Das sind mir zwei ignorierte Tests zu wenig.

Wie ich diesen runner in eclipse update ist für mich bisher aber rätselhaft :bahnhof:


----------



## SvenK (18. Apr 2009)

Jetzt versteh ich, was du meinst. Das Ignore in dem JUnit-View kommt ja von der Annotation @Ignore und nicht von den Assumes.

Nun ist aber die Frage, womit willst du den Runner updaten? Es gibt keine neuere Version, die diese Assumes ebenfalls als Ignores anzeigt. ???:L

Denn entscheident ist ja der Eclipse-View, nicht die verwendete JUnit-Version. Wenn der View diese Information nicht auslesen kann/will, ist es egal ob du bereits die 4.6er-Version verwendest.

Aber da es Assumes schon eine längere Zeit gibt (keine Ahnung ab welcher Version), gibt es vielleicht einen Grund wieso die ignorierten Tests (mittels assume) nicht angezeigt werden. Könnte man höchstens die JDT-Entwickler fragen


----------



## 0x7F800000 (18. Apr 2009)

SvenK hat gesagt.:


> Jetzt versteh ich, was du meinst. Das Ignore in dem JUnit-View kommt ja von der Annotation @Ignore und nicht von den Assumes.


ja, warum hätte ich da sonst @Ignore davorgeschrieben... :bahnhof:


> Nun ist aber die Frage, womit willst du den Runner updaten? Es gibt keine neuere Version, die diese Assumes ebenfalls als Ignores anzeigt. ???:L


Ich hab keine Ahnung. Ich hab dieses junit nicht gebaut, und von eclipse plugins habe ich genauso 0 plan... Was diese ganzen Runner aus org.junit.runners eigentlich machen verstehe ich auch nicht, anscheinend hat es keinen einfluss auf das ergebnis, was ich da in @RunWith davorschreibe. Von den FAQ's von JUnit wurde ich auf irgeneine veraltete Hilfeseite weitergeleitet, wo sich alles auf 3.x bezog, und habe da auch in der Konsole nichts außer ClassCastExceptions hinbekommen (die bei 4.x-Tests natürlich kommen mussten).


> Denn entscheident ist ja der Eclipse-View, nicht die verwendete JUnit-Version.
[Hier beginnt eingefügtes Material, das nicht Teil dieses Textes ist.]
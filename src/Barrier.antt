-- ===== src/Barrier.antt =====
-- test10/sysbench/src/sb_barrier.c: a barrier at which each `count` callers meet. The callers take
-- the mutex in turn, so that a call is one step, or several if it waits on the condition: the part
-- up to the wait, and one part for each time that the wait returns.
mod Examples
pub mod Counts
pub mod Results
pub mod Rounds
pub mod Tally
use bits_on_demand_pte_te.Prelude.{
  ℕ, zero, suc, ◌+◌, ◌-◌, ◌%◌, ◌^◌, Bool, true, false, ◌==◌, if◌then◌else◌, Option, none, some,
  List, [], ◌∷◌, ◌≡◌,
}
use bits_on_demand_pte_te.Prelude.Lists.{get_elem?, set}
use bits_on_demand_pte_te.Pte.Machine.{ℤ, pos, negsuc}

-- `callback` is whether the callback returns another value than 0, if there is one: it stands for
-- the function and its argument. The mutex and the condition are left out.
pub record Barrier : Type 0 where
  pub count : ℕ
  pub init_count : ℕ
  pub serial : ℕ
  pub callback : Option Bool
  pub error : Bool

-- `made` is whether the mutex and the condition are initialised. None is the result 1.
unfoldable pub sb_barrier_init : (count : ℕ) (callback : Option Bool) (made : Bool) → Option Barrier
sb_barrier_init count callback made =
    if count == 0
    then none
    else if made
    then some (record {
      count = count;
      init_count = count;
      serial = 0;
      callback = callback;
      error = false;
    })
    else none

-- A thread: before its call, in the wait with the serial number that it saw, or with its result.
pub data Caller : Type 0 where
  ready : Caller
  waiting : (serial : ℕ) → Caller
  returned : ℤ → Caller

-- SB_BARRIER_SERIAL_THREAD
abbrev pub serial_thread : ℤ
serial_thread = pos 1

-- `barrier->callback != NULL && barrier->callback(barrier->arg) != 0`
abbrev pub callback_fails : Option Bool → Bool
callback_fails none = false
callback_fails (some fails) = fails

-- The last caller of a round, up to its return.
unfoldable pub release : Barrier → Barrier × Caller
release b =
    let released = record b { serial = (b.serial + 1) % 2 ^ 32; count = b.init_count } in
    if callback_fails b.callback
    then (record released { error = true }, returned (negsuc 0))
    else (released, returned serial_thread)

-- The call up to the wait or, for the last caller of a round, to its end.
unfoldable pub sb_barrier_wait : Barrier → Barrier × Caller
unfolding release
sb_barrier_wait b =
    let count = (b.count + (2 ^ 32 - 1)) % 2 ^ 32 in
    if count == 0
    then release (record b { count = count })
    else (record b { count = count }, waiting b.serial)

-- The wait on the condition returns to a caller that saw `serial`.
unfoldable pub wake : Barrier → (serial : ℕ) → Caller
wake b serial =
    if serial == b.serial then waiting serial else returned (if b.error then negsuc 0 else pos 0)

pub record System : Type 0 where
  pub barrier : Barrier
  pub callers : List Caller

-- A step of one thread: it calls, or its wait returns, which may be for no reason.
pub data Step : System → System → Type 0 where
  calls :
      (b : Barrier) (callers : List Caller) (i : ℕ)
      → get_elem? callers i ≡ some ready
      → Step
          (record { barrier = b; callers = callers })
          (record {
            barrier = (sb_barrier_wait b).0;
            callers = set callers i (sb_barrier_wait b).1;
          })
  wakes :
      (b : Barrier) (callers : List Caller) (i serial : ℕ)
      → get_elem? callers i ≡ some (waiting serial)
      → Step
          (record { barrier = b; callers = callers })
          (record { barrier = b; callers = set callers i (wake b serial) })

pub data Steps : System → System → Type 0 where
  done : (s : System) → Steps s s
  step : (s t u : System) → Steps s t → Step t u → Steps s u
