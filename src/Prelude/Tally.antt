-- ===== src/Prelude/Tally.antt =====
-- Sums over a list, with which the threads in a state are counted.
use mathlib.Core.Option.{some-injective, none-ne-some}
use bits_on_demand_pte_te.Prelude.{
  ℕ, zero, suc, ◌+◌, ◌≡◌, ◌≤◌, refl, ap, List, [], ◌∷◌, some, arith,
}
use bits_on_demand_pte_te.Prelude.Lists.{get_elem?, set, length, replicate}

module _ {ℓ} {A : Type ℓ} where
  unfoldable pub tally : (A → ℕ) → List A → ℕ
  tally f [] = 0
  tally f (x ∷ xs) = f x + tally f xs

  -- An update of one element.
  pub tally-set :
      (f : A → ℕ) (xs : List A) (i : ℕ) (old new : A)
      → get_elem? xs i ≡ some old
      → tally f (set xs i new) + f old ≡ tally f xs + f new
  unfolding tally
  tally-set f [] i old new e = absurd (none-ne-some _ e)
  tally-set f (x ∷ xs) zero old new e = omega (arith, ap f (some-injective _ _ e))
  tally-set f (x ∷ xs) (suc i) old new e = omega (arith, tally-set f xs i old new e)

  -- One element of the sum.
  pub get-tally :
      (f : A → ℕ) (xs : List A) (i : ℕ) (x : A) → get_elem? xs i ≡ some x → f x ≤ tally f xs
  unfolding tally
  get-tally f [] i x e = absurd (none-ne-some _ e)
  get-tally f (y ∷ xs) zero x e = omega (arith, ap f (some-injective _ _ e))
  get-tally f (y ∷ xs) (suc i) x e = omega (arith, get-tally f xs i x e)

  pub tally_of_bits : (f : A → ℕ) (xs : List A) → ((x : A) → f x ≤ 1) → tally f xs ≤ length xs
  unfolding tally
  tally_of_bits f [] h = omega arith
  tally_of_bits f (x ∷ xs) h = omega (arith, h x, tally_of_bits f xs h)

  pub tally-replicate : (f : A → ℕ) (n : ℕ) (x : A) → f x ≡ 0 → tally f (replicate n x) ≡ 0
  unfolding tally
  tally-replicate f zero x e = refl
  tally-replicate f (suc n) x e = omega (arith, e, tally-replicate f n x e)
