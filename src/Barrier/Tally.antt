-- ===== src/Barrier/Tally.antt =====
-- Counting the callers of a barrier by what they are doing.
use bits_on_demand_pte_te.Prelude.{
  ℕ, zero, suc, ◌+◌, ◌≤◌, ◌≡◌, refl, ◌==◌, ltb, if◌then◌else◌, List, [], ◌∷◌, arith,
}
use bits_on_demand_pte_te.Prelude.Lists.{length, replicate}
use bits_on_demand_pte_te.Pte.Machine.{pos, negsuc}
unfoldable pub use bits_on_demand_pte_te.Prelude.Tally.{tally}
pub use bits_on_demand_pte_te.Prelude.Tally.{tally-set}
use bits_on_demand_pte_te.Barrier.{Caller, ready, waiting, returned}

-- 1 for a caller that has called.
unfoldable pub called : Caller → ℕ
called ready = 0
called (waiting serial) = 1
called (returned r) = 1

-- 1 for a caller that has its result.
unfoldable pub answered : Caller → ℕ
answered ready = 0
answered (waiting serial) = 0
answered (returned r) = 1

-- 1 for a caller that has the result of the serial thread.
unfoldable pub leads : Caller → ℕ
leads ready = 0
leads (waiting serial) = 0
leads (returned (pos n)) = if n == 1 then 1 else 0
leads (returned (negsuc n)) = 0

-- 1 for a caller that has a negative result.
unfoldable pub fails : Caller → ℕ
fails ready = 0
fails (waiting serial) = 0
fails (returned (pos n)) = 0
fails (returned (negsuc n)) = 1

-- 1 for a caller that waits in the round `k`, and in a later one.
unfoldable pub waits_in : ℕ → Caller → ℕ
waits_in k ready = 0
waits_in k (waiting serial) = if serial == k then 1 else 0
waits_in k (returned r) = 0

unfoldable pub waits_after : ℕ → Caller → ℕ
waits_after k ready = 0
waits_after k (waiting serial) = if ltb k serial then 1 else 0
waits_after k (returned r) = 0

pub tally_mono :
    (f g : Caller → ℕ) (cs : List Caller) → ((c : Caller) → f c ≤ g c) → tally f cs ≤ tally g cs
unfolding tally
tally_mono f g [] h = omega arith
tally_mono f g (c ∷ cs) h = omega (arith, h c, tally_mono f g cs h)

pub tally-add :
    (f g h : Caller → ℕ) (cs : List Caller)
    → ((c : Caller) → f c + g c ≤ h c)
    → tally f cs + tally g cs ≤ tally h cs
unfolding tally
tally-add f g h [] e = omega arith
tally-add f g h (c ∷ cs) e = omega (arith, e c, tally-add f g h cs e)

pub tally-ready : (f : Caller → ℕ) (n : ℕ) → f ready ≡ 0 → tally f (replicate n ready) ≡ 0
unfolding tally
tally-ready f zero e = refl
tally-ready f (suc n) e = omega (arith, e, tally-ready f n e)

pub tally-length :
    (f : Caller → ℕ) (cs : List Caller) → ((c : Caller) → f c ≤ 1) → tally f cs ≤ length cs
unfolding tally
tally-length f [] h = omega arith
tally-length f (c ∷ cs) h = omega (arith, h c, tally-length f cs h)

pub called-le : (c : Caller) → called c ≤ 1
unfolding called
called-le ready = omega arith
called-le (waiting serial) = omega arith
called-le (returned r) = omega arith

pub waits_in-after : (k : ℕ) (c : Caller) → waits_in (suc k) c ≤ waits_after k c
unfolding waits_in waits_after
waits_in-after k ready = omega arith
waits_in-after k (waiting serial) = ground arith
waits_in-after k (returned r) = omega arith

pub waits_after-after : (k : ℕ) (c : Caller) → waits_after (suc k) c ≤ waits_after k c
unfolding waits_after
waits_after-after k ready = omega arith
waits_after-after k (waiting serial) = ground arith
waits_after-after k (returned r) = omega arith

pub answered-waits : (k : ℕ) (c : Caller) → answered c + waits_in k c ≤ called c
unfolding answered waits_in called
answered-waits k ready = omega arith
answered-waits k (waiting serial) = ground arith
answered-waits k (returned r) = omega arith
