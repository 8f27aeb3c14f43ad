-- ===== src/Barrier/Counts.antt =====
-- The counters of the barrier of sb_barrier.c, along the steps of its callers.
use bits_on_demand_pte_te.Prelude.{
  ℕ, suc, ◌+◌, ◌-◌, ◌*◌, ◌%◌, ◌^◌, ◌≤◌, ◌<◌, ◌≡◌, refl, ap, ◌==◌, if◌then◌else◌, Bool, true, false,
  some, List, arith,
}
use bits_on_demand_pte_te.Prelude.Lists.{length, get_elem?, set, length-set}
use bits_on_demand_pte_te.Pte.Machine.{ℤ, negsuc}
use bits_on_demand_pte_te.Barrier.{
  Barrier, release, Caller, ready, waiting, returned, serial_thread, callback_fails,
  sb_barrier_wait, wake, System, Step, calls, wakes,
}
use bits_on_demand_pte_te.Barrier.Tally.{
  tally, called, waits_in, waits_after, tally-set, tally_mono, tally-length, called-le,
  waits_in-after, waits_after-after,
}

-- The counters, for rounds of `n` callers.
pub record Counts (n : ℕ) (s : System) : Type 0 where
  pub size : length s.callers < 2 ^ 32
  pub init : s.barrier.init_count ≡ n
  pub positive : 0 < s.barrier.count
  pub bound : s.barrier.count ≤ n
  pub small : n < 2 ^ 32
  pub arrived : tally called s.callers ≡ s.barrier.serial * n + (n - s.barrier.count)
  pub current : tally (waits_in s.barrier.serial) s.callers ≡ n - s.barrier.count
  pub ahead : tally (waits_after s.barrier.serial) s.callers ≡ 0
  pub low : s.barrier.serial ≤ tally called s.callers

pub if-elim :
    {A : Type 0} (P : A → Type 0) (c : Bool) (x y : A)
    → (c ≡ true → P x)
    → (c ≡ false → P y)
    → P (if c then x else y)
if-elim P true x y p q = p refl
if-elim P false x y p q = q refl

pub times-suc : (m n : ℕ) → (m + 1) * n ≡ m * n + n
times-suc m n = grind arith

pub waits_in_self : (k : ℕ) → waits_in k (waiting k) ≡ 1
unfolding waits_in
waits_in_self k = ground arith

waits_after_self : (k : ℕ) → waits_after k (waiting k) ≡ 0
unfolding waits_after
waits_after_self k = ground arith

-- A caller that waits in no later round.
pub not_ahead :
    (k : ℕ) (cs : List Caller) (i serial : ℕ)
    → get_elem? cs i ≡ some (waiting serial)
    → tally (waits_after k) cs ≡ 0
    → serial ≤ k
unfolding waits_after
not_ahead k cs i serial e z =
    ground (arith, tally-set (waits_after k) cs i (waiting serial) ready e, z)

calls-waits :
    (n : ℕ) (b : Barrier) (cs : List Caller) (i : ℕ)
    → Counts n (record { barrier = b; callers = cs })
    → get_elem? cs i ≡ some ready
    → 1 < b.count
    → Counts n (record {
      barrier = record b { count = (b.count + (2 ^ 32 - 1)) % 2 ^ 32 };
      callers = set cs i (waiting b.serial);
    })
unfolding called waits_in waits_after
calls-waits n b cs i c e more =
    let moved = tally-set called cs i ready (waiting b.serial) e in
    record {
      size = omega (arith, length-set cs i (waiting b.serial), c.size);
      init = c.init;
      positive = omega (arith, c.bound, c.small);
      bound = omega (arith, c.bound, c.small);
      small = c.small;
      arrived = omega (arith, moved, c.arrived, c.bound, c.small);
      current = omega (
        arith,
        tally-set (waits_in b.serial) cs i ready (waiting b.serial) e,
        waits_in_self b.serial,
        c.current,
        c.bound,
        c.small,
      );
      ahead = omega (
        arith,
        tally-set (waits_after b.serial) cs i ready (waiting b.serial) e,
        waits_after_self b.serial,
        c.ahead,
      );
      low = omega (arith, moved, c.low);
    }

calls-releases :
    (n : ℕ) (b : Barrier) (cs : List Caller) (i : ℕ) (error : Bool) (r : ℤ)
    → Counts n (record { barrier = b; callers = cs })
    → get_elem? cs i ≡ some ready
    → b.count ≡ 1
    → Counts n (record {
      barrier = record b { serial = (b.serial + 1) % 2 ^ 32; count = b.init_count; error = error };
      callers = set cs i (returned r);
    })
unfolding called waits_in waits_after
calls-releases n b cs i error r c e last =
    let new = set cs i (returned r) in
    let moved = tally-set called cs i ready (returned r) e in
    let size = length-set cs i (returned r) in
    let next : (b.serial + 1) % 2 ^ 32 ≡ suc b.serial =
      omega (arith, c.low, moved, tally-length called new called-le, size, c.size) in
    let next_round : (b.serial + 1) % 2 ^ 32 ≡ b.serial + 1 = omega (arith, next) in
    let ahead = tally-set (waits_after b.serial) cs i ready (returned r) e in
    record {
      size = omega (arith, size, c.size);
      init = c.init;
      positive = omega (arith, c.bound, c.init, last);
      bound = omega (arith, c.init);
      small = c.small;
      arrived = omega (
        arith,
        moved,
        c.arrived,
        c.init,
        c.bound,
        last,
        times-suc b.serial n,
        ap (λ k. k * n) next_round,
      );
      current = omega (
        arith,
        ap (λ k. tally (waits_in k) new) next,
        ahead,
        c.ahead,
        c.init,
        tally_mono (waits_in (suc b.serial)) (waits_after b.serial) new (waits_in-after b.serial),
      );
      ahead = omega (
        arith,
        ap (λ k. tally (waits_after k) new) next,
        ahead,
        c.ahead,
        tally_mono (waits_after (suc b.serial)) (waits_after b.serial) new
            (waits_after-after b.serial),
      );
      low = omega (arith, next, moved, c.low);
    }

calls-Counts :
    (n : ℕ) (b : Barrier) (cs : List Caller) (i : ℕ)
    → Counts n (record { barrier = b; callers = cs })
    → get_elem? cs i ≡ some ready
    → Counts n
        (record { barrier = (sb_barrier_wait b).0; callers = set cs i (sb_barrier_wait b).1 })
unfolding sb_barrier_wait release
calls-Counts n b cs i c e =
    let P = λ (r : Barrier × Caller). Counts n (record { barrier = r.0; callers = set cs i r.1 }) in
    let count = (b.count + (2 ^ 32 - 1)) % 2 ^ 32 in
    if-elim P (count == 0) (release (record b { count = count }))
      (record b { count = count }, waiting b.serial)
      (λ last.
        if-elim P (callback_fails b.callback) _ _
          (λ f.
            calls-releases n b cs i true (negsuc 0) c e
              (ground (arith, c.positive, c.bound, c.small, last)))
          (λ f.
            calls-releases n b cs i b.error serial_thread c e
              (ground (arith, c.positive, c.bound, c.small, last))))
      (λ more. calls-waits n b cs i c e (ground (arith, c.positive, c.bound, c.small, more)))

wakes_as :
    (n : ℕ) (b : Barrier) (cs : List Caller) (i serial : ℕ) (w : Caller)
    → Counts n (record { barrier = b; callers = cs })
    → get_elem? cs i ≡ some (waiting serial)
    → called w ≡ 1
    → waits_in b.serial w ≡ waits_in b.serial (waiting serial)
    → waits_after b.serial w ≤ waits_after b.serial (waiting serial)
    → Counts n (record { barrier = b; callers = set cs i w })
unfolding called
wakes_as n b cs i serial w c e p q r = record {
  size = omega (arith, length-set cs i w, c.size);
  init = c.init;
  positive = c.positive;
  bound = c.bound;
  small = c.small;
  arrived = omega (arith, tally-set called cs i (waiting serial) w e, p, c.arrived);
  current = omega (arith, tally-set (waits_in b.serial) cs i (waiting serial) w e, q, c.current);
  ahead = omega (arith, tally-set (waits_after b.serial) cs i (waiting serial) w e, r, c.ahead);
  low = omega (arith, tally-set called cs i (waiting serial) w e, p, c.low);
}

wakes-Counts :
    (n : ℕ) (b : Barrier) (cs : List Caller) (i serial : ℕ)
    → Counts n (record { barrier = b; callers = cs })
    → get_elem? cs i ≡ some (waiting serial)
    → Counts n (record { barrier = b; callers = set cs i (wake b serial) })
unfolding wake called waits_in waits_after
wakes-Counts n b cs i serial c e =
    if-elim (λ (w : Caller). Counts n (record { barrier = b; callers = set cs i w }))
      (serial == b.serial) _ _
      (λ same. wakes_as n b cs i serial (waiting serial) c e refl refl (omega arith))
      (λ other. wakes_as n b cs i serial _ c e refl (ground (arith, other)) (omega arith))

pub Step-Counts : (n : ℕ) {s t : System} → Counts n s → Step s t → Counts n t
Step-Counts n c (calls b cs i e) = calls-Counts n b cs i c e
Step-Counts n c (wakes b cs i serial e) = wakes-Counts n b cs i serial c e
Wenn der View diese Information nicht auslesen kann/will, ist es egal ob du bereits die 4.6er-Version verwendest.


dass nix läuft sehe ich ja, könnte mir jetzt vielleicht einer erzählen was ich tun soll damit es läuft? 
...Also mittlerweile blicke ich überhaupt nicht mehr durch, wie ich mit junit 4.6 überhaupt _irgendwas_ anstelle, wozu ist der ganze code da, wie war es gedacht, womit starte ich den krempel überhaupt? :autsch:

Wenn ihr mir sagt, dass es irgendein anderes (brauchbares!) plugin zum testen gibt, testNG oder was auch immer, dann akzeptiere ich das auch, ich will halt einfach irgenwie tests zum laufen bringen, irgendwie muss das doch gehen ???:L


----------



## maki (18. Apr 2009)

Was ist denn das Problem?

Solltest dich imho nicht an Assume aufhängen, ist sowieso nicht wichtig.

Ehrlich gesagt verstehe ich nicht ganz wozu du Assume nutzen (missbrauchen?) willst.


----------



## SvenK (18. Apr 2009)

Ich versteh dein Problem auch nicht. Ich und viele tausend andere setzen JUnit unter Eclipse ein und es funktioniert doch, ob nun mit 4.4, 4.5 oder 4.6 ...

Was meinst du denn mit "was soll ich tun, damit es läuft"? ???:L Es läuft doch

Edit:
Wenn du damit meinst, wie du JUnit 4.6 zum laufen bekommst: eben nicht mit dem integrierten Plugin (das ist eben in der Version 4.3). Das 4.6 musst du eben als externe Jar einbinden. Voilá


----------



## 0x7F800000 (18. Apr 2009)

maki hat gesagt.:


> Ehrlich gesagt verstehe ich nicht ganz wozu du Assume nutzen (missbrauchen?) willst.


Zum beispiel um zu kontrollieren, dass ich komplexere erwartete ergebnisse korrekt eingetippt habe.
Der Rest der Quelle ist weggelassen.